Automatic Function calling

from vertexai..preview generative_models import GenerativeModel, Tool, FunctionDeclaration, AutomaticFunctionCallingResponder

# First, create functions that the model is can use to answer your questions.
def get_current_weather(location: str, unit: str = "centigrade"):
    """Gets weather in the specified location.

    Args:
        location: The location for which to get the weather.
        unit: Optional. Temperature unit. Can be Centigrade or Fahrenheit. Defaults to Centigrade.
    """
    return dict(
        location=location,
        unit=unit,
        weather="Super nice, but maybe a bit hot.",
    )

# Infer function schema
get_current_weather_func = FunctionDeclaration.from_func(get_current_weather)
# Tool is a collection of related functions
weather_tool = Tool(
    function_declarations=[get_current_weather_func],
)

# Use tools in chat:
model = GenerativeModel(
    "gemini-pro",
    # You can specify tools when creating a model to avoid having to send them with every request.
    tools=[weather_tool],
)

# Activate automatic function calling:
afc_responder = AutomaticFunctionCallingResponder(
    # Optional:
    max_automatic_function_calls=5,
)
chat = model.start_chat(responder=afc_responder)
# Send a message to the model.
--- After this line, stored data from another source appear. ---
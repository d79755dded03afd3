-- ===== src/DigitalOcean/Config.antt =====
-- petri/core/provider/digitalocean/types.go, tailscale.go, util.go, firewall.go and droplet.go: the
-- configuration of a droplet, and the requests that are built from it.
use Prim.Native.Char.{code}
use Prim.Native.String.{◌++◌ as append}
use ironbird.Base.{
  ℕ, ◌+◌, ◌^◌, ◌==◌, String, Bool, true, false, not, Option, none, some, List, [], ◌∷◌, ltb, str_eq,
  if◌then◌else◌,
}
use ironbird.Base.Texts.{join}
use ironbird.Base.Action.{Result, ok, err}
use ironbird.Definition.{TaskDefinition, digits}
use ironbird.Docker.Provider.{value_of}
use ironbird.DigitalOcean.Types.{
  Error, no_auth_key, no_server, no_local_client, no_tags, no_region, no_size, no_image_id,
  bad_image_id, TailscaleSettings, DropletRequest, FirewallRule, FirewallRequest, ProviderState,
}

abbrev pub within : ℕ → Option ℕ → Bool
within bound none = false
within bound (some n) = ltb n bound

-- Whether strconv.ParseInt(s, 10, 64) succeeds: an optional sign, digits, and 64 bits.
unfoldable pub is_int : String → Bool
unfolding digits
is_int String.[] = false
is_int (String.◌∷◌ c rest) =
    if code c == 45
    then if str_eq rest "" then false else within (2 ^ 63 + 1) (digits 0 rest)
    else if code c == 43
    then if str_eq rest "" then false else within (2 ^ 63) (digits 0 rest)
    else within (2 ^ 63) (digits 0 (String.◌∷◌ c rest))

abbrev pub reject : Bool → Error → Result Error (Unit {0}) → Result Error (Unit {0})
reject true e rest = err e
reject false e rest = rest

-- A key that is missing reads as the empty text.
unfoldable pub validate_config : List (String × String) → Result Error (Unit {0})
unfolding is_int value_of
validate_config d = reject (str_eq (value_of "region" d) "") no_region (
    reject (str_eq (value_of "size" d) "") no_size (
      reject (str_eq (value_of "image_id" d) "") no_image_id
        (reject (not (is_int (value_of "image_id" d))) bad_image_id (ok tt))))

unfoldable pub validate_tailscale : TailscaleSettings → Result Error (Unit {0})
validate_tailscale t = reject (str_eq t.auth_key "") no_auth_key (
    reject (not t.has_server) no_server (
      reject (not t.has_local_client) no_local_client
        (elim t.tags [ [] ↦ err no_tags | ◌∷◌ x xs ↦ ok tt ])))

unfoldable pub prefix_tags : List String → List String
prefix_tags [] = []
prefix_tags (t ∷ ts) = append "tag:" t ∷ prefix_tags ts

abbrev pub advertise : List String → List String
advertise [] = []
advertise (t ∷ ts) = "--advertise-tags" ∷ join "," (t ∷ ts) ∷ []

unfoldable pub get_command : TailscaleSettings → String → String
unfolding prefix_tags join
get_command t hostname = join " " (
    "tailscale"
    ∷ "up"
    ∷ "--ssh"
    ∷ "--authkey"
    ∷ append "\"" (append t.auth_key "\"")
    ∷ "--hostname"
    ∷ hostname
    ∷ advertise (prefix_tags t.tags))

unfoldable pub command_lines : List String → String
command_lines [] = ""
command_lines (c ∷ cs) = append "\n- " (append c (command_lines cs))

unfoldable pub format_user_data : List String → String
unfolding command_lines
format_user_data commands = append "#cloud-config\nruncmd:" (command_lines commands)

abbrev pub inbound_rule : String → String → FirewallRule
inbound_rule protocol ports = record {
  inbound = true;
  protocol = protocol;
  port_range = ports;
  address = "0.0.0.0/0";
}

abbrev pub outbound_rule : String → FirewallRule
outbound_rule protocol = record {
  inbound = false;
  protocol = protocol;
  port_range = "0";
  address = "0.0.0.0/0";
}

unfoldable pub firewall_request : ProviderState → FirewallRequest
firewall_request p = record {
  name = p.petri_tag;
  tags = p.petri_tag ∷ [];
  rules =
      inbound_rule "tcp" "80"
      ∷ inbound_rule "tcp" "443"
      ∷ inbound_rule "tcp" "26656"
      ∷ inbound_rule "udp" "26656"
      ∷ outbound_rule "tcp"
      ∷ outbound_rule "udp"
      ∷ outbound_rule "icmp"
      ∷ [];
}

unfoldable pub resource_name : ProviderState → TaskDefinition → String
resource_name p d = append p.petri_tag (append "-" d.name)

unfoldable pub droplet_request :
    ProviderState → TaskDefinition → List (String × String) → List String → DropletRequest
unfolding resource_name format_user_data
droplet_request p d config commands = record {
  name = resource_name p d;
  region = value_of "region" config;
  size = value_of "size" config;
  ssh_key = 50241382;
  image = value_of "image_id" config;
  tags = p.petri_tag ∷ [];
  user_data = format_user_data commands;
}
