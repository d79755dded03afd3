-- ===== src/Docker/Task.antt =====
-- petri/core/provider/docker/task.go: the operations of one task, whose state is in the cell `t`.
-- A wait loop takes fuel; each round asks once for the status. `Modify` panics in the source and
-- `DialContext` is a dialer, so neither is here.
use Prim.Native.String.{◌++◌ as append}
use ironbird.Base.{
  ℕ, zero, suc, String, Bool, true, false, not, Option, none, some, List, [], ◌∷◌, ◌==◌, str_eq,
  if◌then◌else◌,
}
use ironbird.Base.Action.{Result, ok, err, pure, raise, gets, modify, ◌>>=◌, ◌>>◌}
use ironbird.Definition.{TaskStatus, undefined, running, stopped, paused, restarting}
use ironbird.Docker.Types.{
  World, TaskState, Docker, Client, Error, ctx_done, out_of_fuel, port_not_found, status_mismatch,
  name_mismatch, volume_mismatch, ContainerInfo, container_start, container_stop, container_remove,
  container_inspect, volume_inspect, sleep, request, update, delete,
}

abbrev pub status_code : TaskStatus → ℕ
status_code undefined = 0
status_code running = 1
status_code stopped = 2
status_code paused = 3
status_code restarting = 4

abbrev pub same_status : TaskStatus → TaskStatus → Bool
same_status a b = status_code a == status_code b

-- The switch of `GetStatus`.
unfoldable pub status_of : String → TaskStatus
status_of text =
    if str_eq text "created"
    then stopped
    else if str_eq text "running"
    then running
    else if str_eq text "paused"
    then paused
    else if str_eq text "restarting"
    then restarting
    else if str_eq text "removing"
    then stopped
    else if str_eq text "exited"
    then stopped
    else if str_eq text "dead"
    then stopped
    else undefined

unfoldable pub find_binding : String → List (String × String) → Option String
find_binding key [] = none
find_binding key ((k, host) ∷ rest) = if str_eq k key then some host else find_binding key rest

-- `state.PortBindings` has the key and a host port for it.
unfoldable pub get_external_address : TaskState → String → Result Error String
unfolding find_binding
get_external_address t port = elim (find_binding (append port "/tcp") t.port_bindings) [
  | none ↦ err port_not_found
  | some host ↦ ok (append "0.0.0.0:" host)
]

-- p.removeTask
unfoldable pub remove_task : String → World → World
remove_task id w = record w {
  provider = record w.provider { task_states = delete id w.provider.task_states };
}

unfoldable pub set_status : ℕ → TaskStatus → World → World
unfolding update
set_status t s w = record w { cells = update w.cells t (record (w.cells t) { status = s }) }

module _ (c : Client) where
  unfoldable pub inspect_container : String → Docker ContainerInfo
  inspect_container id = request (λ l. c.container_inspected l id) (container_inspect id)

  unfoldable pub get_status : ℕ → Docker TaskStatus
  unfolding inspect_container
  get_status t = do
    id ← gets (λ w. (w.cells t).id)
    info ← inspect_container id
    pure (status_of info.status)

  -- A round of `WaitForStatus` ends the loop or sleeps, and then calls the rest of the loop.
  unfoldable pub wait_round : ℕ → TaskStatus → Bool → Docker (Unit {0}) → Docker (Unit {0})
  unfolding get_status
  wait_round t desired true rest = raise ctx_done
  wait_round t desired false rest = do
    s ← get_status t
    (if same_status s desired
        then pure tt
        else do modify (λ w. record w { log = sleep ∷ w.log }); rest)

  unfoldable pub wait_for_status : ℕ → ℕ → TaskStatus → Docker (Unit {0})
  unfolding wait_round
  wait_for_status zero t desired = raise out_of_fuel
  wait_for_status (suc fuel) t desired = do
    let rest = wait_for_status fuel t desired
    done ← gets (λ w. c.ctx_canceled w.log)
    wait_round t desired done rest

  unfoldable pub start : ℕ → ℕ → Docker (Unit {0})
  start fuel t = do
    id ← gets (λ w. (w.cells t).id)
    request (λ l. c.container_started l id) (container_start id)
    wait_for_status fuel t running
    λ w. (ok tt, set_status t running w)

  unfoldable pub stop : ℕ → ℕ → Docker (Unit {0})
  stop fuel t = do
    id ← gets (λ w. (w.cells t).id)
    request (λ l. c.container_stopped l id) (container_stop id)
    wait_for_status fuel t stopped
    λ w. (ok tt, set_status t stopped w)

  unfoldable pub destroy : ℕ → Docker (Unit {0})
  destroy t = do
    id ← gets (λ w. (w.cells t).id)
    request (λ l. c.container_removed l id) (container_remove id)
    λ w. (ok tt, remove_task id w)

  unfoldable pub same_volume : String → String → Docker (Unit {0})
  same_volume name found = if not (str_eq found name) then raise volume_mismatch else pure tt

  unfoldable pub ensure_volume : TaskState → Docker (Unit {0})
  unfolding same_volume
  ensure_volume state = elim state.volume [
    | none ↦ pure tt
    | some v ↦ (do
      found ← request (λ l. c.volume_inspected l v.name) (volume_inspect v.name)
      same_volume v.name found)
  ]

  -- The container must have the status and the name that the state records, and its volume.
  unfoldable pub ensure_task : ℕ → Docker (Unit {0})
  unfolding inspect_container get_status ensure_volume
  ensure_task t = do
    state ← gets (λ w. w.cells t)
    info ← inspect_container state.id
    actual ← get_status t
    (if not (same_status actual state.status)
        then raise status_mismatch
        else if not (str_eq info.name (append "/" state.name))
        then raise name_mismatch
        else ensure_volume state)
The model will respond with a function call.
# The SDK will automatically call the requested function and respond to the model.
# The model will use the function call response to answer the original question.
print(chat.send_message("What is the weather like in Boston?"))

Documentation

You can find complete documentation for the Vertex AI SDKs and the Gemini model in the Google Cloud documentation

Contributing

See Contributing for more information on contributing to the Vertex AI Python SDK.

License

The contents of this repository are licensed under the Apache License, version 2.0.